Assignment:
Return each record exactly as it appears, so that nothing is dropped or altered.

The data:

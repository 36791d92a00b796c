-- ===== src/Tests/Resets.antt =====
-- A reset of Alice's password.
use go_with_me.Base.{String, ◌≡◌, refl, ◌=ₛ◌, find?, arith, some}
use go_with_me.Base.Text.{to_lower, trim_space}
use go_with_me.Models.{User, PasswordReset}
use go_with_me.World.{World, IsUp}
use go_with_me.Action.{ok}
use go_with_me.Repository.Users
use go_with_me.Repository.Users.{update_by_id, with_password, has_email, normal_email}
use go_with_me.Services.Auth.{new_auth_service}
use go_with_me.Services.Auth.Reset.{verify_reset_email, forgot_password}
use go_with_me.Services.Auth.Reset.Otp.{otp_text}
use go_with_me.Services.Auth.Reset.Sound.{
  MayReset, reset_claims, consumed, verify_reset_email_sound,
}
use go_with_me.Services.Auth.Reset.Trip.{started, started_reset, later, reset_round_trip}
use go_with_me.Tests.{alice, town, libraries, settings, auth}

up : IsUp libraries
up s w = refl

abbrev email : String
email = "alice@x.io"

found : find? (has_email (normal_email email)) town.users ≡ some alice
unfolding ◌=ₛ◌ to_lower trim_space
found = refl

abbrev waiting : World
waiting = later libraries settings 60 (started libraries settings alice 42 town)

abbrev used : World
used = consumed libraries auth (started_reset libraries settings alice 42 town) waiting

reset_token_signed :
    libraries.sign_jwt settings.app_secret (reset_claims libraries auth alice 1060)
    ≡ some "pwd_reset"
unfolding ◌=ₛ◌
reset_token_signed = refl

reset_round_trip_example :
    (forgot_password libraries auth email town ≡ (ok tt, started libraries settings alice 42 town))
    × (verify_reset_email libraries auth email (otp_text 42) waiting ≡ (ok "pwd_reset", used))
reset_round_trip_example =
    reset_round_trip libraries settings email alice 42 60 town "pwd_reset" up found refl refl
      (omega arith) refl (omega arith) reset_token_signed

abbrev after_use : World
after_use = later libraries settings 1 used

verified : verify_reset_email libraries auth email (otp_text 42) waiting ≡ (ok "pwd_reset", used)
verified =
    (reset_round_trip libraries settings email alice 42 60 town "pwd_reset" up found refl refl
      (omega arith) refl (omega arith) reset_token_signed).1

verify_reset_email_sound_example :
    (u : User) × (r : PasswordReset) × MayReset libraries auth email (otp_text 42) waiting u r
    × (libraries.sign_jwt settings.app_secret (reset_claims libraries auth u 1060)
        ≡ some "pwd_reset")
    × (used ≡ consumed libraries auth r waiting)
unfolding new_auth_service
verify_reset_email_sound_example =
    verify_reset_email_sound libraries auth email (otp_text 42) waiting verified

abbrev new_town : World
new_town = update_by_id 1 (with_password "#a longer one" 1000) town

Response to the task:
repository 36791d92a00b796c
-- ===== src/Tests/Resets.antt =====
-- A reset of Alice's password.
use go_with_me.Base.{String, ◌≡◌, refl, ◌=ₛ◌, find?, arith, some}
use go_with_me.Base.Text.{to_lower, trim_space}
use go_with_me.Models.{User, PasswordReset}
use go_with_me.World.{World, IsUp}
use go_with_me.Action.{ok}
use go_with_me.Repository.Users
use go_with_me.Repository.Users.{update_by_id, with_password, has_email, normal_email}
use go_with_me.Services.Auth.{new_auth_service}
use go_with_me.Services.Auth.Reset.{verify_reset_email, forgot_password}
use go_with_me.Services.Auth.Reset.Otp.{otp_text}
use go_with_me.Services.Auth.Reset.Sound.{
  MayReset, reset_claims, consumed, verify_reset_email_sound,
}
use go_with_me.Services.Auth.Reset.Trip.{started, started_reset, later, reset_round_trip}
use go_with_me.Tests.{alice, town, libraries, settings, auth}

up : IsUp libraries
up s w = refl

abbrev email : String
email = "alice@x.io"

found : find? (has_email (normal_email email)) town.users ≡ some alice
unfolding ◌=ₛ◌ to_lower trim_space
found = refl

abbrev waiting : World
waiting = later libraries settings 60 (started libraries settings alice 42 town)

abbrev used : World
used = consumed libraries auth (started_reset libraries settings alice 42 town) waiting

reset_token_signed :
    libraries.sign_jwt settings.app_secret (reset_claims libraries auth alice 1060)
    ≡ some "pwd_reset"
unfolding ◌=ₛ◌
reset_token_signed = refl

reset_round_trip_example :
    (forgot_password libraries auth email town ≡ (ok tt, started libraries settings alice 42 town))
    × (verify_reset_email libraries auth email (otp_text 42) waiting ≡ (ok "pwd_reset", used))
reset_round_trip_example =
    reset_round_trip libraries settings email alice 42 60 town "pwd_reset" up found refl refl
      (omega arith) refl (omega arith) reset_token_signed

abbrev after_use : World
after_use = later libraries settings 1 used

verified : verify_reset_email libraries auth email (otp_text 42) waiting ≡ (ok "pwd_reset", used)
verified =
    (reset_round_trip libraries settings email alice 42 60 town "pwd_reset" up found refl refl
      (omega arith) refl (omega arith) reset_token_signed).1

verify_reset_email_sound_example :
    (u : User) × (r : PasswordReset) × MayReset libraries auth email (otp_text 42) waiting u r
    × (libraries.sign_jwt settings.app_secret (reset_claims libraries auth u 1060)
        ≡ some "pwd_reset")
    × (used ≡ consumed libraries auth r waiting)
unfolding new_auth_service
verify_reset_email_sound_example =
    verify_reset_email_sound libraries auth email (otp_text 42) waiting verified

abbrev new_town : World
new_town = update_by_id 1 (with_password "#a longer one" 1000) town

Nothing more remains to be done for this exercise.